▶ [To do]: Transcribe the records word for word, beginning with the first line and ending with the line that contains "rw f at (set_parent_child_lem"; include nothing else.

▶ [Material to process]:
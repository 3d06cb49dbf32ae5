-- ===== src/RbTree/Erase/Successor.antt =====
-- Cases 2 and 3 of `rb_erase_augmented`: the successor takes the place of the node.
use struct.Base.{
  one, ℕ, ◌+◌, ◌≤◌, ◌≡◌, ◌≢◌, ◌∙◌, refl, subst, arith, some, Bool, true, false, not, ◌==◌,
  if◌then◌else◌,
}
use struct.RbTree.State.{
  Color, black, left, right, RbNode, is_red, State, Cmd, ◌>>◌, load, skip, Returns, set_child,
  set_parent, set_parent_color, change_child,
}
use struct.RbTree.Tree.{Tree, leaf, node, Ctx, under, addr, up, plug, depth, inorder, occ, occ_ctx}
use struct.RbTree.Rep.{cell_of, Rep, RepCtx, Rep-frame, RepCtx-frame}
use struct.RbTree.Ops.{bind, weaken, load_lem, recolor_cell, change_child_lem}
use struct.RbTree.Rotate.{one_self, one_ne}
use struct.RbTree.Balance.{RbAt}
use struct.RbTree.Order.{inorder-plug}
use struct.RbTree.Erase.{replace_by, copy_word, rebalance_from}
use struct.RbTree.Erase.Sides.{set_near, set_parent_child_lem}
use struct.RbTree.Erase.Settle.{Mended, ne_false}
use struct.RbTree.Erase.Loop.{Mended-change}
use struct.RbTree.Erase.Vacate.{vacate_child, vacate_leaf}
use struct.RbTree.Erase.Segment.{
  over, up_in, RepSeg, up-over, occ_ctx-over, RepCtx-over, RepSeg-frame,
}

-- The place of the successor once that has the place of the node.
abbrev pub below : Ctx → Color → ℕ → Tree → Ctx → Ctx
below m c s l k = over m (under right c s l k)

abbrev pub spots_in : ℕ → (a s : ℕ) → (l sr : Tree) → (m k : Ctx) → ℕ
spots_in z a s l sr m k = one z a + (one z s + (occ z l + (occ z sr + (occ_ctx z m + occ_ctx z k))))

-- What both branches do first.
if-first :
    (b : Bool) (m x y : Cmd) (s : State)
    → (if b then (m >> x) else (m >> y)) s ≡ (m >> (if b then x else y)) s
if-first true m x y s = refl
if-first false m x y s = refl

pub set_parent_lem :
    (c : Color) (l : Tree) (a : ℕ) (r : Tree) (q p : ℕ) (s : State)
    → Rep s.cell q (node c l a r)
    → ((z : ℕ) → occ z (node c l a r) ≤ 1)
    → Returns
        (λ s'.
          Rep s'.cell p (node c l a r)
          × ((z : ℕ) → occ z (node c l a r) ≡ 0 → s'.cell z ≡ s.cell z)
          × (s'.root ≡ s.root))
        (set_parent a p s)
set_parent_lem c l a r q p s rep uniq =
    let f : (a == 0) ≡ false = ne_false a rep.0 in
    rw f at (set_parent_child_lem (node c l a r) q p s rep uniq)

module _ (fuel a s : ℕ) (c cs lc : Color) (l1 : Tree) (la : ℕ) (l2 sr : Tree) (m k : Ctx)
    (ry y0 x0 qs qr : ℕ) (st : State) (a_ne : a ≢ 0) (s_ne : s ≢ 0)
    (ea : st.cell a ≡ some (cell_of left (up k) c la y0))
    (es : st.cell s ≡ some (cell_of left qs cs x0 ry)) (seg : RepSeg st.cell ry (addr sr) s m)
    (rsr : Rep st.cell qr sr) (rl : Rep st.cell a (node lc l1 la l2))
    (rk : RepCtx st.cell st.root a k)
    (uniq : (z : ℕ) → spots_in z a s (node lc l1 la l2) sr m k ≤ 1) where
  -- The left subtree hangs below the successor.
  Adopted : State → Type 0
  Adopted s2 =
      (s2.cell s ≡ some (cell_of left qs cs la ry))
      × Rep s2.cell s (node lc l1 la l2)
      × ((z : ℕ) → one z s + occ z (node lc l1 la l2) ≡ 0 → s2.cell z ≡ st.cell z)
      × (s2.root ≡ st.root)

  adopt : Returns Adopted ((load a λ n. set_child left s n.rb_left >> set_parent n.rb_left s) st)
  unfolding Adopted
  adopt =
      load_lem a (λ n. set_child left s n.rb_left >> set_parent n.rb_left s) st ea
        (bind (set_child left s la) (set_parent la s) st (set_near left s qs x0 ry la cs st es)
          λ s1 (es1, out1, root1).
            weaken
              (set_parent_lem lc l1 la l2 a s s1
                (Rep-frame a (node lc l1 la l2) (λ z i. out1 z (one_ne z s (omega (arith, uniq z))))
                  rl)
                (λ z. omega (arith, uniq z)))
              λ s2 (rl2, out2, root2). (
                out2 s (omega (arith, uniq s, one_self s)) ∙ es1,
                rl2,
                λ z i. out2 z (omega arith) ∙ out1 z (one_ne z s (omega arith)),
                root2 ∙ root1,
              ))

  -- The successor has the place, the parent and the colour of the node.
  pub Moved : State → Type 0
  Moved s4 =
      RepCtx s4.cell s4.root (addr sr) (below m c s (node lc l1 la l2) k)
      × Rep s4.cell qr sr
      × ((z : ℕ) → spots_in z a s (node lc l1 la l2) sr m k ≡ 0 → s4.cell z ≡ st.cell z)

  moved :
      (s2 s3 s4 : State)
      → Adopted s2
      → RepCtx s3.cell s3.root s k
      → ((z : ℕ) → occ_ctx z k ≡ 0 → s3.cell z ≡ s2.cell z)
      → s4.cell s ≡ some (cell_of left (up k) c la ry)
      → ((z : ℕ) → z ≢ s → s4.cell z ≡ s3.cell z)
      → s4.root ≡ s3.root
      → Moved s4
  unfolding Adopted Moved
  moved s2 s3 s4 (es2, rl2, same2, root2) rk3 out3 es4 out4 root4 =
      let same : (z : ℕ)
          → one z s + (occ z (node lc l1 la l2) + occ_ctx z k) ≡ 0
          → s4.cell z ≡ st.cell z =
        λ z i. out4 z (one_ne z s (omega arith)) ∙ out3 z (omega arith) ∙ same2 z (omega arith) in
      let rk4 : RepCtx s4.cell s4.root s k =
        rw root4
          (RepCtx-frame s3.root s k (λ z i. out4 z (one_ne z s (omega (arith, uniq z)))) rk3) in
      (
        RepCtx-over s4.cell s4.root ry (addr sr) m (under right c s (node lc l1 la l2) k)
            (RepSeg-frame ry (addr sr) s m (λ z i. same z (omega (arith, uniq z))) seg)
            (
              s_ne,
              es4,
              Rep-frame s (node lc l1 la l2)
                  (λ z i.
                    out4 z (one_ne z s (omega (arith, uniq z))) ∙ out3 z (omega (arith, uniq z)))
                  rl2,
              rk4,
            ),
        Rep-frame qr sr (λ z i. same z (omega (arith, uniq z))) rsr,
        λ z i. same z (omega arith),
      )

  pub move :
      {Q : State → Type 0} (child2 parent : ℕ)
      → ((s4 : State)
          → Moved s4
          → Returns Q (
              (if not (child2 == 0)
                  then set_parent_color child2 parent black
                  else (if is_red (cell_of left qs cs la ry)
                      then skip
                      else rebalance_from fuel parent))
                s4))
      → Returns Q (replace_by fuel a s child2 parent st)
  unfolding replace_by Adopted Moved
  move child2 parent next =
      let n = cell_of left (up k) c la y0 in
      let end1 = λ (s' : RbNode).
        if not (child2 == 0)
        then (copy_word s n >> set_parent_color child2 parent black)
        else (copy_word s n >> (if is_red s' then skip else rebalance_from fuel parent)) in
      let last =
        if not (child2 == 0)
        then set_parent_color child2 parent black
        else (if is_red (cell_of left qs cs la ry) then skip else rebalance_from fuel parent) in
      let mid = λ (v : RbNode).
        change_child a s v.parent
        >> load s λ s'.
          if not (child2 == 0)
          then (copy_word s v >> set_parent_color child2 parent black)
          else (copy_word s v >> (if is_red s' then skip else rebalance_from fuel parent)) in
      bind (load a λ v. set_child left s v.rb_left >> set_parent v.rb_left s) (load a mid) st adopt
        λ s2 (es2, rl2, same2, root2).
          let ea2 = same2 a (omega (arith, uniq a, one_self a)) ∙ ea in
          let rk2 : RepCtx s2.cell s2.root a k =
            rw root2 (RepCtx-frame st.root a k (λ z i. same2 z (omega (arith, uniq z))) rk) in
          load_lem a mid s2 ea2 (
            bind (change_child a s (up k)) (load s end1) s2
              (change_child_lem a s k s2 rk2 a_ne (omega (arith, uniq a, one_self a))
                (λ z. omega (arith, uniq z)))
              λ s3 (rk3, out3).
                let es3 = out3 s (omega (arith, uniq s, one_self s)) ∙ es2 in
                load_lem s end1 s3 es3 (
                  rw
                    (if-first (not (child2 == 0)) (copy_word s n)
                      (set_parent_color child2 parent black)
                      (if is_red (cell_of left qs cs la ry)
                        then skip
                        else rebalance_from fuel parent)
                      s3)
                    (bind (set_parent_color s (up k) c) last s3
                      (recolor_cell left s qs la ry cs c (up k) s3 es3)
                      λ s4 (es4, out4, root4).
                        next s4 (moved s2 s3 s4 (es2, rl2, same2, root2) rk3 out3 es4 out4 root4))))

-- The successor's own place is left to its right child.
pub replace_by_lem :
    (fuel a s : ℕ) (c cs lc : Color) (l1 : Tree) (la : ℕ) (l2 sr : Tree) (m k : Ctx)
    (ry y0 x0 qs qr : ℕ) (st : State)
    → a ≢ 0
    → s ≢ 0
    → st.cell a ≡ some (cell_of left (up k) c la y0)
    → st.cell s ≡ some (cell_of left qs cs x0 ry)
    → RepSeg st.cell ry (addr sr) s m
    → Rep st.cell qr sr
    → Rep st.cell a (node lc l1 la l2)
    → RepCtx st.cell st.root a k
    → ((z : ℕ) → spots_in z a s (node lc l1 la l2) sr m k ≤ 1)
    → depth (below m c s (node lc l1 la l2) k) ≤ fuel
    → RbAt (node cs leaf s sr) (below m c s (node lc l1 la l2) k)
    → Returns
        (Mended
          (inorder (plug sr (below m c s (node lc l1 la l2) k)))
          (λ z. spots_in z a s (node lc l1 la l2) sr m k)
          st)
        (replace_by fuel a s (addr sr) (up_in m s) st)
unfolding Moved occ occ_ctx inorder
replace_by_lem fuel a s c cs lc l1 la l2 leaf m k ry y0 x0 qs qr st a_ne s_ne ea es seg rsr rl rk
      uniq h rb =
    let k' = below m c s (node lc l1 la l2) k in
    move fuel a s c cs lc l1 la l2 leaf m k ry y0 x0 qs qr st a_ne s_ne ea es seg rsr rl rk uniq 0
      (up_in m s)
      λ s4 (rk4, rsr4, same).
        weaken
          (subst
            (λ q.
              Returns (Mended (inorder (plug leaf k')) (λ z. occ_ctx z k') s4)
                ((if is_red (cell_of left qs cs la ry) then skip else rebalance_from fuel q) s4))
            (up-over m (under right c s (node lc l1 la l2) k))
            (vacate_leaf fuel cs s k' (cell_of left qs cs la ry) s4 h refl rb rk4 (λ z.
              omega (arith, uniq z, occ_ctx-over z m (under right c s (node lc l1 la l2) k)))))
          λ s' done.
            Mended-change st s4 s' refl
              (λ z i. omega (arith, i, occ_ctx-over z m (under right c s (node lc l1 la l2) k)))
              (λ z i. same z i) done
replace_by_lem fuel a s c cs lc l1 la l2 (node rc r1 ra r2) m k ry y0 x0 qs qr st a_ne s_ne ea es
      seg rsr rl rk uniq h rb =
    let k' = below m c s (node lc l1 la l2) k in
    let f : (ra == 0) ≡ false = ne_false ra rsr.0 in
    move fuel a s c cs lc l1 la l2 (node rc r1 ra r2) m k ry y0 x0 qs qr st a_ne s_ne ea es seg rsr
      rl rk uniq ra (up_in m s)
      λ s4 (rk4, rsr4, same). rw f (
        weaken
          (subst
            (λ q.
              Returns
                (Mended (inorder (plug (node black r1 ra r2) k'))
                  (λ z. occ z (node rc r1 ra r2) + occ_ctx z k') s4)
                (set_parent_color ra q black s4))
            (up-over m (under right c s (node lc l1 la l2) k))
            (vacate_child left cs rc s r1 ra r2 k' qr s4 rb rsr4 rk4 (λ z.
              omega (arith, uniq z, occ_ctx-over z m (under right c s (node lc l1 la l2) k)))))
          λ s' done.
            Mended-change st s4 s' (inorder-plug (node black r1 ra r2) (node rc r1 ra r2) k' refl)
              (λ z i. omega (arith, i, occ_ctx-over z m (under right c s (node lc l1 la l2) k)))
              (λ z i. same z i) done)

▶ [Solution for this task]:
repository 3d06cb49dbf32ae5
-- ===== src/RbTree/Erase/Successor.antt =====
-- Cases 2 and 3 of `rb_erase_augmented`: the successor takes the place of the node.
use struct.Base.{
  one, ℕ, ◌+◌, ◌≤◌, ◌≡◌, ◌≢◌, ◌∙◌, refl, subst, arith, some, Bool, true, false, not, ◌==◌,
  if◌then◌else◌,
}
use struct.RbTree.State.{
  Color, black, left, right, RbNode, is_red, State, Cmd, ◌>>◌, load, skip, Returns, set_child,
  set_parent, set_parent_color, change_child,
}
use struct.RbTree.Tree.{Tree, leaf, node, Ctx, under, addr, up, plug, depth, inorder, occ, occ_ctx}
use struct.RbTree.Rep.{cell_of, Rep, RepCtx, Rep-frame, RepCtx-frame}
use struct.RbTree.Ops.{bind, weaken, load_lem, recolor_cell, change_child_lem}
use struct.RbTree.Rotate.{one_self, one_ne}
use struct.RbTree.Balance.{RbAt}
use struct.RbTree.Order.{inorder-plug}
use struct.RbTree.Erase.{replace_by, copy_word, rebalance_from}
use struct.RbTree.Erase.Sides.{set_near, set_parent_child_lem}
use struct.RbTree.Erase.Settle.{Mended, ne_false}
use struct.RbTree.Erase.Loop.{Mended-change}
use struct.RbTree.Erase.Vacate.{vacate_child, vacate_leaf}
use struct.RbTree.Erase.Segment.{
  over, up_in, RepSeg, up-over, occ_ctx-over, RepCtx-over, RepSeg-frame,
}

-- The place of the successor once that has the place of the node.
abbrev pub below : Ctx → Color → ℕ → Tree → Ctx → Ctx
below m c s l k = over m (under right c s l k)

abbrev pub spots_in : ℕ → (a s : ℕ) → (l sr : Tree) → (m k : Ctx) → ℕ
spots_in z a s l sr m k = one z a + (one z s + (occ z l + (occ z sr + (occ_ctx z m + occ_ctx z k))))

-- What both branches do first.
if-first :
    (b : Bool) (m x y : Cmd) (s : State)
    → (if b then (m >> x) else (m >> y)) s ≡ (m >> (if b then x else y)) s
if-first true m x y s = refl
if-first false m x y s = refl

pub set_parent_lem :
    (c : Color) (l : Tree) (a : ℕ) (r : Tree) (q p : ℕ) (s : State)
    → Rep s.cell q (node c l a r)
    → ((z : ℕ) → occ z (node c l a r) ≤ 1)
    → Returns
        (λ s'.
          Rep s'.cell p (node c l a r)
          × ((z : ℕ) → occ z (node c l a r) ≡ 0 → s'.cell z ≡ s.cell z)
          × (s'.root ≡ s.root))
        (set_parent a p s)
set_parent_lem c l a r q p s rep uniq =
    let f : (a == 0) ≡ false = ne_false a rep.0 in
    rw f at (set_parent_child_lem (node c l a r) q p s rep uniq)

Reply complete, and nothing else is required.